At first, procuring computing services could be loosely compared to purchasing transportation services. One does not need to invest in a vehicle that would not fit all-year various needs. Instead, one uses a ride-sharing service that fits the current need. In addition, there is no need to consider parking, maintenance of the vehicle, dealing with the consequence of an accident or breaking parts. The same more or less holds true for cloud computing services with some minor differences:
- Data hosting: For big data, one needs a ‘home’ for the data sets the organisation plans to mine. In that respect, CSP providers offer several options: (i) free data storage, but pay per analysis. This option is usually offered by large CSPs who provide extremely efficient data query solutions allowing users to mine terabytes of data in minutes or even seconds. The CSP charges on the amount of data queried, not on the storage, which comes in handy when one has very large data to host but only needs to query sparsely; (ii) a mix of both — a renting space for your data at a discount with some additional fee when IO and CPU intensive queries are run.
- Resources availability: Some CSPs offer pre-emptive resources at a very large discount, which means that if the business deploys an application that requires long CPU time over numerous nodes but can be stopped and restarted without losing its state, it can procure pre-emptible virtual machines. In the event the CSP needs them because of a spike on its side, the user is alerted with short notice, enough to stop, and then restart when the resource becomes available again. Another point to consider is network access: large CSP provides multi-regional data centres in US, Europe and Asia. When high availability and low data latency is required, it is preferable to procure CSP from the geographically closest data centre.
- Portability and ranges of services: This is another critical aspect in selecting the CSP, depending on the business needs. CSP comes in three flavours: (i) IaaS, Infrastructure as a Service. This applies when the organisation only needs to procure computing, storage and network resources, regardless of OS and software. Some IaaS providers allow users to deploy their own virtual machine solution on top of the bare-metal hardware; (ii) PaaS: Platform as a Service: on top of the hosting operating system, users have the options to run services such as a web server application, file system management, database management etc. The users in that case are not involved in maintaining these applications and can deploy their own higher-level programs relying on these services and develop their own via CSP provided API; (iii) SaaS: Software as a Service: this is the turnkey solution when a specific application is hosted on the cloud by the CSP and the users consume it directly, usually via a web browser client application. Google Docs is an example of a typical SaaS.

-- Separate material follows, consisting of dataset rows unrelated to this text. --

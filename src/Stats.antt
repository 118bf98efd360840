-- ===== src/Stats.antt =====
-- core/src/stats.rs: what is measured of each link.
pub mod Link
pub mod Collector
mod Tests
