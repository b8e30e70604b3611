-- ===== src/Examples/Observing.antt =====
-- crates/gmr-runtime/src/observe.rs, observe_into, at a concrete outcome.
use gmr.Support.{◌≡◌, refl}
use gmr.Support.Text.{txt}
use gmr.Json.{null}
use gmr.Core.Probe.{found, Derivation, Verifiability, unknown_fields}
use gmr.Core.Anchor.{digests}
use gmr.Runtime.Observe.{refused, observe_into, undigested}
use gmr.Examples.Watched.{watched}
use gmr.Examples.Host.{integers}

abbrev by_version : Derivation
by_version = record {
  version = txt "v";
  verifiability = Verifiability.closed;
  observes = unknown_fields;
}

-- An anchor that keeps digests refuses what is none.
plain_refused_test :
    observe_into (txt "e") watched (found null) by_version digests ≡ refused undigested
unfolding observe_into
plain_refused_test = refl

- Applications: Some CSPs do provide advance machine learning solutions one could readily apply to its own data space (provided of course that the data is large enough).
- Access management: Regarding data security; the jury is obviously still out, and one could argue that data is safer when hosted by one of the major CSPs instead to be on premises depending on who administers the firewall. That being said, when dealing with large data, user access management is evidently critical. Good CSPs provide users with management solutions, referred to as identity and access management (IAM) allowing fine tuning of the user’s access to assets and resources. Most useful IAMs provide various levels of administration.
- Last but not least, precious time is usually allocated to develop applications and their persistence across different environments. Portability of systems is paramount and readily possible with technologies derived from virtual machines. Containers allow you to create an image of a full deployment stack and port it to a completely different environment. Another major advantage of containers is that they can be stopped and restarted quite easily, which allows some saving on resources usage. Once done with a job, one could stop the container, store it as an image in a free-hosting hub and restart it only when needed. Major CSPs provide a way to configure the environment to be scalable, allowing a true model of computing on demand.